(Extracted records)
-- ===== src/Logging/Redact/Safe.antt =====
-- What may reach the log.
use nexus_mail.Base.{Bool, true, false, ◌≡◌, refl, ◌⊎◌, inl, inr, Bool-cases, if◌then◌else◌}
use nexus_mail.Base.Text.{Text, Unicode}
use nexus_mail.Logging.Redact.{
  redacted, Patterns, Value, str, error, scalar, object, group, valuer, Attrs, none, attr,
  is_forbidden_key, scrub, resolve, redact_resolved, redact_value, redact_attrs, LogRecord, handle,
}
use nexus_mail.Logging.Redact.Keys.{IsSensitive, is_forbidden_key-IsSensitive}

apart : {b : Bool} → b ≡ true → b ≡ false → ⊥
apart h k = cc

-- No value is of kind Any but an error, and no LogValuer stands for a group.
abbrev mutual
  pub IsPlain : Value → Type 0
  IsPlain (str s) = Unit
  IsPlain (error e) = Unit
  IsPlain (scalar n) = Unit
  IsPlain (object t) = ⊥
  IsPlain (group members) = ArePlain members
  IsPlain (valuer v) = IsLeaf v

  pub IsLeaf : Value → Type 0
  IsLeaf (str s) = Unit
  IsLeaf (error e) = Unit
  IsLeaf (scalar n) = Unit
  IsLeaf (object t) = ⊥
  IsLeaf (group members) = ⊥
  IsLeaf (valuer v) = IsLeaf v

  pub ArePlain : Attrs → Type 0
  ArePlain none = Unit
  ArePlain (attr key v rest) = IsPlain v × ArePlain rest

-- What the two expressions do, `shows_address` and `shows_token` being the tests whether a text shows
-- an address or a bearer token: each replacement takes out what its expression finds, the second
-- puts no address in, and the placeholder shows neither.
pub record Recognises (p : Patterns) (shows_address shows_token : Text → Bool) : Type 0 where
  pub address_replaced : (s : Text) → shows_address (p.email_address s) ≡ false
  pub token_replaced : (s : Text) → shows_token (p.bearer_token s) ≡ false
  pub address_stays_out :
      (s : Text) → shows_address s ≡ false → shows_address (p.bearer_token s) ≡ false
  pub no_address : shows_address redacted ≡ false
  pub no_token : shows_token redacted ≡ false

-- A text shows neither an address nor a bearer token.
abbrev pub IsClean : (Text → Bool) → (Text → Bool) → Text → Type 0
IsClean shows_address shows_token s = (shows_address s ≡ false) × (shows_token s ≡ false)

module _ (u : Unicode) (shows_address shows_token : Text → Bool) where
  -- Attributes that are safe to export, at any depth: no value stands under a sensitive key, every
  -- text is clean, and no error, LogValuer or other value of kind Any is left that could write
  -- anything else.
  abbrev mutual
    pub IsSafe : Value → Type 0
    IsSafe (str s) = IsClean shows_address shows_token s
    IsSafe (error e) = ⊥
    IsSafe (scalar n) = Unit
    IsSafe (object t) = ⊥
    IsSafe (group members) = AreSafe members
    IsSafe (valuer v) = ⊥

    pub AreSafe : Attrs → Type 0
    AreSafe none = Unit
    AreSafe (attr key v rest) =
        ((¬ IsSensitive u key) ⊎ (v ≡ str redacted)) × IsSafe v × AreSafe rest

module _ (u : Unicode) (p : Patterns) (shows_address shows_token : Text → Bool)
    (found : Recognises p shows_address shows_token) where
  scrub-IsClean : (s : Text) → IsClean shows_address shows_token (scrub p s)
  unfolding scrub
  scrub-IsClean s = (
    found.address_stays_out (p.email_address s) (found.address_replaced s),
    found.token_replaced (p.email_address s),
  )

  leaf-IsSafe :
      (v : Value) → IsLeaf v → IsSafe u shows_address shows_token (redact_resolved p (resolve v))
  unfolding redact_resolved resolve
  leaf-IsSafe (str s) h = scrub-IsClean s
  leaf-IsSafe (error e) h = scrub-IsClean e
  leaf-IsSafe (scalar n) h = tt
  leaf-IsSafe (object t) h = elim h [ ]
  leaf-IsSafe (group members) h = elim h [ ]
  leaf-IsSafe (valuer v) h = leaf-IsSafe v h

  attr-IsSafe :
      (key : Text) (v : Value) (rest : Attrs)
      → IsSafe u shows_address shows_token v
      → AreSafe u shows_address shows_token rest
      → AreSafe u shows_address shows_token
          (attr key (if is_forbidden_key u key then str redacted else v) rest)
  attr-IsSafe key v rest h k = elim (Bool-cases (is_forbidden_key u key)) [
    | inl forbidden ↦ rw forbidden (inr refl, (found.no_address, found.no_token), k)
    | inr allowed ↦ rw allowed (
      inl (λ sensitive. absurd (apart (is_forbidden_key-IsSensitive u key sensitive) allowed)),
      h,
      k,
    )
  ]

  mutual
    unfolding redact_value redact_attrs redact_resolved

    redact_value-IsSafe :
        (v : Value) → IsPlain v → IsSafe u shows_address shows_token (redact_value u p v)
    redact_value-IsSafe (str s) h = scrub-IsClean s
    redact_value-IsSafe (error e) h = scrub-IsClean e
    redact_value-IsSafe (scalar n) h = tt
    redact_value-IsSafe (object t) h = elim h [ ]
    redact_value-IsSafe (group members) h = redact_attrs-AreSafe members h
    redact_value-IsSafe (valuer v) h = leaf-IsSafe v h

    redact_attrs-AreSafe :
        (attrs : Attrs)
        → ArePlain attrs
        → AreSafe u shows_address shows_token (redact_attrs u p attrs)
    redact_attrs-AreSafe none h = tt
    redact_attrs-AreSafe (attr key v rest) (h, k) =
        attr-IsSafe key (redact_value u p v) (redact_attrs u p rest) (redact_value-IsSafe v h)
          (redact_attrs-AreSafe rest k)

pub handle-AreSafe :
    (u : Unicode) (p : Patterns) (shows_address shows_token : Text → Bool) (rec : LogRecord)
    → Recognises p shows_address shows_token
    → ArePlain rec.attrs
    → IsClean shows_address shows_token (handle u p rec).message
      × AreSafe u shows_address shows_token (handle u p rec).attrs
unfolding handle
handle-AreSafe u p shows_address shows_token rec found h = (
  scrub-IsClean u p shows_address shows_token found rec.message,
  redact_attrs-AreSafe u p shows_address shows_token found rec.attrs h,
)

module _ (u : Unicode) (p : Patterns) where
  -- The group that a LogValuer stands for reaches the inner handler as it is, under every key that is
  -- not forbidden and whatever its members are called.
  pub redact_attrs_valuer :
      (key : Text) (members rest : Attrs)
      → is_forbidden_key u key ≡ false
      → redact_attrs u p (attr key (valuer (group members)) rest)
        ≡ attr key (group members) (redact_attrs u p rest)
  unfolding redact_attrs redact_value redact_resolved resolve
  redact_attrs_valuer key members rest h = rw h refl

  -- A value of kind Any that is no error reaches the inner handler as it is, too.
  pub redact_attrs_object :
      (key text : Text) (rest : Attrs)
      → is_forbidden_key u key ≡ false
      → redact_attrs u p (attr key (object text) rest)
        ≡ attr key (object text) (redact_attrs u p rest)
  unfolding redact_attrs redact_value redact_resolved
  redact_attrs_object key text rest h = rw h refl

* [PROBLEM REQUIREMENTS]:
Repeat exactly the lines above, starting with the first line of the records and finishing with the line holding "IsPlain (valuer v) = IsLeaf v". Add no other line.

* [EXERCISE OUTPUT]:
-- ===== src/Logging/Redact/Safe.antt =====
-- What may reach the log.
use nexus_mail.Base.{Bool, true, false, ◌≡◌, refl, ◌⊎◌, inl, inr, Bool-cases, if◌then◌else◌}
use nexus_mail.Base.Text.{Text, Unicode}
use nexus_mail.Logging.Redact.{
  redacted, Patterns, Value, str, error, scalar, object, group, valuer, Attrs, none, attr,
  is_forbidden_key, scrub, resolve, redact_resolved, redact_value, redact_attrs, LogRecord, handle,
}
use nexus_mail.Logging.Redact.Keys.{IsSensitive, is_forbidden_key-IsSensitive}

apart : {b : Bool} → b ≡ true → b ≡ false → ⊥
apart h k = cc

-- No value is of kind Any but an error, and no LogValuer stands for a group.
abbrev mutual
  pub IsPlain : Value → Type 0
  IsPlain (str s) = Unit
  IsPlain (error e) = Unit
  IsPlain (scalar n) = Unit
  IsPlain (object t) = ⊥
  IsPlain (group members) = ArePlain members
  IsPlain (valuer v) = IsLeaf v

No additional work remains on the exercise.